= What you have to do =
Please repeat the lines below exactly. Begin with the line containing "timed some_wait in" and go on through the line containing "ground (arith, sym is_ready'".

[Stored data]
◇ ◇ ◇ ◇ ◇ ◇ ◇

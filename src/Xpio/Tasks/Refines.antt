-- ===== src/Xpio/Tasks/Refines.antt =====
-- luau/xpio_c.c: programs that use the task queues run as the abstract view says.
use flake.Common.{
  ℕ, ◌≡◌, refl, ap, ◌∙◌, sym, subst, Bool, true, false, ◌&&◌, none, some, List, [], ◌∷◌, length,
  arith, ◌==◌, ==_iff, if◌then◌else◌, ℤ, minus_one, eq_ℤ, Bool-cases, inl, inr,
}
use flake.Lua.{ok}
use flake.Lua.Table.{Key, key_eq, key_eq_iff, TableApi, Entries, find}
use flake.Xpio.Proc.{Procs}
use flake.Xpio.Proc.Chain.{mem}
use flake.Xpio.Queue.{
  Mode, reader, writer, child_waiter, Task, State, table, enqueue, dequeue_task, is_empty,
}
use flake.Xpio.Queue.Registry.{mode_eq, registered, enqueued, dequeued, dequeue_task-dequeued}
use flake.Xpio.Queue.Schedule.{enqueue_ok}
use flake.Xpio.Queue.PollSet.{PollFd}
use flake.Xpio.Queue.PollSet.Watch.{FdKeys, is_some}
use flake.Xpio.Queue.Wake.Events.{is_ready}
use flake.Xpio.Queue.Wait.{Timeout, timeout_of, World, Waited, wait, set_revents}
use flake.Xpio.Queue.Wait.Children.{is_exited_key}
use flake.Xpio.Queue.Wait.Stages.{Wakes}
use flake.Xpio.Queue.Wait.Polled.{Replies, CanWait}
use flake.Xpio.Queue.Wait.Complete.{wait-Wakes}
use flake.Xpio.Methods.{when_read, when_write, when_wait}
use flake.Xpio.Tasks.{
  Abstract, Event, scheduled_on, taken_back, returned, with_wait, with_scheduled, Spec, idles,
  opens, schedules, takes_back, wakes, fits, is_scheduled, Environment, Step, tqueue_step,
  sets_task, when_read_step, when_write_step, when_wait_step, dequeue_step, wait_step, Implements,
  Run, SpecRun,
}
use flake.Xpio.Tasks.Changes.{
  tqueue-Implements, enqueued-Implements, dequeued-Implements, put_task-Implements,
}

abbrev is_fd : Key → Bool
is_fd (Key.fd f) = true
is_fd (Key.proc p) = false

entries-FdKeys :
    (es : Entries) → ((k : Key) → is_some (find k es) ≡ true → is_fd k ≡ true) → FdKeys es
entries-FdKeys [] h = tt
entries-FdKeys ((Key.fd f, t) ∷ es) h = entries-FdKeys es (λ k e.
    elim (Bool-cases (key_eq (Key.fd f) k)) [ inl c ↦ h k (rw c refl) | inr c ↦ h k (rw c e) ])
entries-FdKeys ((Key.proc p, t) ∷ es) h =
    absurd (ground (arith, h (Key.proc p), (key_eq_iff (Key.proc p) (Key.proc p)).1))

fits_fd :
    (mode : Mode) (key : Key)
    → mode_eq child_waiter mode ≡ false
    → fits mode key ≡ true
    → is_fd key ≡ true
fits_fd reader (Key.fd f) m h = refl
fits_fd writer (Key.fd f) m h = refl
fits_fd reader (Key.proc p) m h = ground arith
fits_fd writer (Key.proc p) m h = ground arith
fits_fd child_waiter key m h = ground arith

-- Which entries of the queue go when `xpqueue_wait` returns.
abbrev gone : (fds : List PollFd) → Procs → Mode → Key → Bool
gone fds ps mode (Key.fd f) = is_ready mode f fds
gone fds ps mode (Key.proc p) = mode_eq child_waiter mode && is_exited_key ps (Key.proc p)

module _ (T : TableApi) where
  table-FdKeys :
      (s : State T) (a : Abstract) (q : ℕ) (mode : Mode)
      → mode_eq child_waiter mode ≡ false
      → Implements T s a
      → FdKeys (T.entries (table T (s.queues q) mode))
  table-FdKeys s a q mode m h = entries-FdKeys (T.entries (table T (s.queues q) mode)) λ k e.
      fits_fd mode k m
        (h.kinds q mode k (ap is_some (sym (T.find-entries (table T (s.queues q) mode) k)) ∙ e))

  registered-gone :
      (s t : State T) (q : ℕ) (ps : Procs) (fds : List PollFd) (ready : List ℕ) (r : ℕ) (n : Mode)
      (j : Key)
      → Wakes T q s ps fds t ready
      → registered T t r n j ≡ (if (r == q) && gone fds ps n j then none else registered T s r n j)
  registered-gone s t q ps fds ready r n (Key.fd f) wk = wk.descriptors r n f
  registered-gone s t q ps fds ready r n (Key.proc p) wk = wk.children r n p

  -- The abstract state after tasks have been woken.
  abbrev after_wait : Abstract → (q : ℕ) → Procs → List PollFd → List ℕ → Abstract
  after_wait a q ps fds ready = record {
    waits = λ r n j. if (r == q) && gone fds ps n j then none else a.waits r n j;
    scheduled = λ t. if mem t ready then false else a.scheduled t;
  }

  Wakes-Implements :
      (s t : State T) (a : Abstract) (q : ℕ) (ps : Procs) (fds : List PollFd) (ready : List ℕ)
      → Wakes T q s ps fds t ready
      → Implements T s a
      → Spec (returned q ready) a (after_wait a q ps fds ready)
        × Implements T t (after_wait a q ps fds ready)
  Wakes-Implements s t a q ps fds ready wk h = (
    wakes a q ready (gone fds ps) (λ mode key task went at. elim (Bool-cases (mem task ready)) [
      | inl there ↦ there
      | inr missing ↦ absurd (
          ground (
            arith,
            registered-gone s t q ps fds ready q mode key wk,
            wk.unlisted mode key task (h.waits q mode key ∙ at) missing,
            (==_iff q q).1,
          ))
    ]),
    record {
      valid = wk.valid;
      waits = λ r n j.
          registered-gone s t q ps fds ready r n j wk
          ∙ ap (λ v. if (r == q) && gone fds ps n j then none else v) (h.waits r n j);
      kinds =
          λ r n j e. h.kinds r n j (ground (arith, registered-gone s t q ps fds ready r n j wk));
      scheduled = λ i. ground (arith, wk.tasks i, h.scheduled i);
    },
  )

  Environment-CanWait :
      (s : State T) (a : Abstract) (q fuel : ℕ) (w : World) (ps : Procs) (rs : Replies)
      → Environment T q fuel w ps s rs
      → Implements T s a
      → CanWait T q fuel w ps s rs
  Environment-CanWait s a q fuel w ps rs e h = record {
    valid = h.valid;
    readers = table-FdKeys s a q reader refl h;
    writers = table-FdKeys s a q writer refl h;
    children = e.children;
    memory = e.memory;
    objects = e.objects;
    answers = e.answers;
  }

  -- A successful `xpqueue_enqueue` schedules the task on its queue.
  enqueue-Implements :
      (s t : State T) (a : Abstract) (q task : ℕ) (mode : Mode) (key : Key)
      → fits mode key ≡ true
      → (s.tasks task).queue ≡ some q
      → enqueue T s task key mode ≡ ok t
      → Implements T s a
      → (b : Abstract) × Spec (scheduled_on q task mode key) a b × Implements T t b
  enqueue-Implements s t a q task mode key fit at done h =
      let (q', home, idle, same') = enqueue_ok T s t task key mode done in
      let here : q' ≡ q = ground (arith, sym home ∙ at) in
      let same : enqueued T s q task key mode ≡ t =
        ap (λ x. enqueued T s x task key mode) (sym here) ∙ same' in
      (
        record {
          waits = with_wait a.waits q mode key (some task);
          scheduled = with_scheduled a.scheduled task true;
        },
        schedules a q task mode key (sym (h.scheduled task) ∙ ap is_scheduled idle),
        subst
            (λ (u : State T). Implements T u (record {
              waits = with_wait a.waits q mode key (some task);
              scheduled = with_scheduled a.scheduled task true;
            }))
            same (enqueued-Implements T s a q task mode key fit idle h),
      )

  dequeue-Implements :
      (s t : State T) (a : Abstract) (q task : ℕ) (mode : Mode) (key : Key)
      → s.tasks task ≡ record { queue = some q; dequeue = some mode; dequeuedata = some key }
      → dequeue_task T s task mode ≡ ok t
      → Implements T s a
      → (b : Abstract) × Spec (taken_back q task mode key) a b × Implements T t b
  dequeue-Implements s t a q task mode key at done h =
      let same : dequeued T s q task key mode ≡ t =
        ground (arith, dequeue_task-dequeued T s q task key mode mode at) in
      (
        record {
          waits = with_wait a.waits q mode key none;
          scheduled = with_scheduled a.scheduled task false;
        },
        takes_back a q task mode key
            (sym (h.scheduled task) ∙ ap (λ (f : Task). is_scheduled f.dequeue) at),
        subst
            (λ (u : State T). Implements T u (record {
              waits = with_wait a.waits q mode key none;
              scheduled = with_scheduled a.scheduled task false;
            }))
            same (dequeued-Implements T s a q task mode key at h),
      )

  wait-Implements :
      (s : State T) (a : Abstract) (q fuel : ℕ) (w : World) (arg : Timeout) (timeout : ℤ)
      (pfds : List PollFd) (ps : Procs) (rs : Replies) (r : Waited T) (ready : List ℕ)
      → Environment T q fuel w ps s rs
      → timeout_of arg ≡ ok timeout
      → (eq_ℤ timeout minus_one && is_empty T s q) ≡ false
      → wait T fuel w q arg pfds ps s ≡ ok r
      → r.ready ≡ some ready
      → Implements T s a
      → (b : Abstract) × Spec (returned q ready) a b × Implements T r.state b
  wait-Implements s a q fuel w arg timeout pfds ps rs r ready e timed some_wait done is_ready h =
      let (r', ready', asked, t, time, asks, done', is_ready', wk) =
        wait-Wakes T q fuel w arg timeout pfds ps s rs (Environment-CanWait s a q fuel w ps rs e h)
          timed some_wait in
      let same : r' ≡ r = ground arith in
      let same_ready : ready' ≡ ready =
        ground (arith, sym is_ready' ∙ ap (λ (x : Waited T). x.ready) same ∙ is_ready) in
      let fds : List PollFd = set_revents (rs asked t) 0 (length asks.sockets) asks.sockets in
      let wk' : Wakes T q s r'.procs fds r'.state ready =
        subst (Wakes T q s r'.procs fds r'.state) same_ready wk in
      let (step, after) = Wakes-Implements s r'.state a q r'.procs fds ready wk' h in
      (
        after_wait a q r'.procs fds ready,
        step,
        subst (λ (x : Waited T). Implements T x.state (after_wait a q r'.procs fds ready)) same
            after,
      )

  Step-Implements :
      (e : Event) (s t : State T) (a : Abstract)
      → Implements T s a
      → Step T e s t
      → (b : Abstract) × Spec e a b × Implements T t b
  unfolding when_read when_write when_wait
  Step-Implements _ s _ a h (tqueue_step _ fresh) = (
    record a { waits = λ r n j. if r == fresh then none else a.waits r n j },
    opens a fresh,
    tqueue-Implements T s a fresh h,
  )
  Step-Implements _ s _ a h (sets_task _ task f idle still) =
      (a, idles a task, put_task-Implements T s a task f idle still h)
  Step-Implements _ s t a h (when_read_step _ _ q fd task at done) =
      enqueue-Implements s t a q task reader (Key.fd fd) refl at done h
  Step-Implements _ s t a h (when_write_step _ _ q fd task at done) =
      enqueue-Implements s t a q task writer (Key.fd fd) refl at done h
  Step-Implements _ s t a h (when_wait_step _ _ q process task at done) =
      enqueue-Implements s t a q task child_waiter (Key.proc process) refl at done h
  Step-Implements _ s t a h (dequeue_step _ _ q task mode key at done) =
      dequeue-Implements s t a q task mode key at done h
  Step-Implements _ s _ a h
        (wait_step _ q fuel w arg timeout pfds ps rs r ready e timed some_wait done is_ready) =
      wait-Implements s a q fuel w arg timeout pfds ps rs r ready e timed some_wait done is_ready h

  -- Each run of a program on the task queues is a run of the abstract view with the same events, in the
  -- same order: the same tasks are scheduled on the same queues for the same keys, the same are taken
  -- back, and each `xpqueue_wait` returns the same array. An event changes the abstract view thus: to
  -- schedule a task sets one entry, to take it back clears one, and an array that is returned ends
  -- waits of its queue only, of tasks in it, and unschedules just the tasks in it. The calls are
  -- those that succeed; where `xpqueue_wait` is called, memory is had, there is a time-out or a task
  -- that waits, `poll` answers where it is asked about the descriptors for which tasks wait, and the
  -- process objects are in order and cover the waiters.
  pub Run-Implements :
      (es : List Event) (s t : State T) (a : Abstract)
      → Implements T s a
      → Run T es s t
      → (b : Abstract) × SpecRun es a b × Implements T t b
  Run-Implements _ s _ a h (Run.ends _) = (a, SpecRun.ends a, h)
  Run-Implements _ s _ a h (Run.then_step e es _ t u before step) =
      let (b, run, there) = Run-Implements es s t a h before in
      let (c, next, after) = Step-Implements e t u b there step in
      (c, SpecRun.then_step e es a b c run next, after)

◇ ◇ ◇ ◇ ◇ ◇ ◇

= Expected output =
          timed some_wait in
      let same : r' ≡ r = ground arith in
      let same_ready : ready' ≡ ready =
        ground (arith, sym is_ready' ∙ ap (λ (x : Waited T). x.ready) same ∙ is_ready) in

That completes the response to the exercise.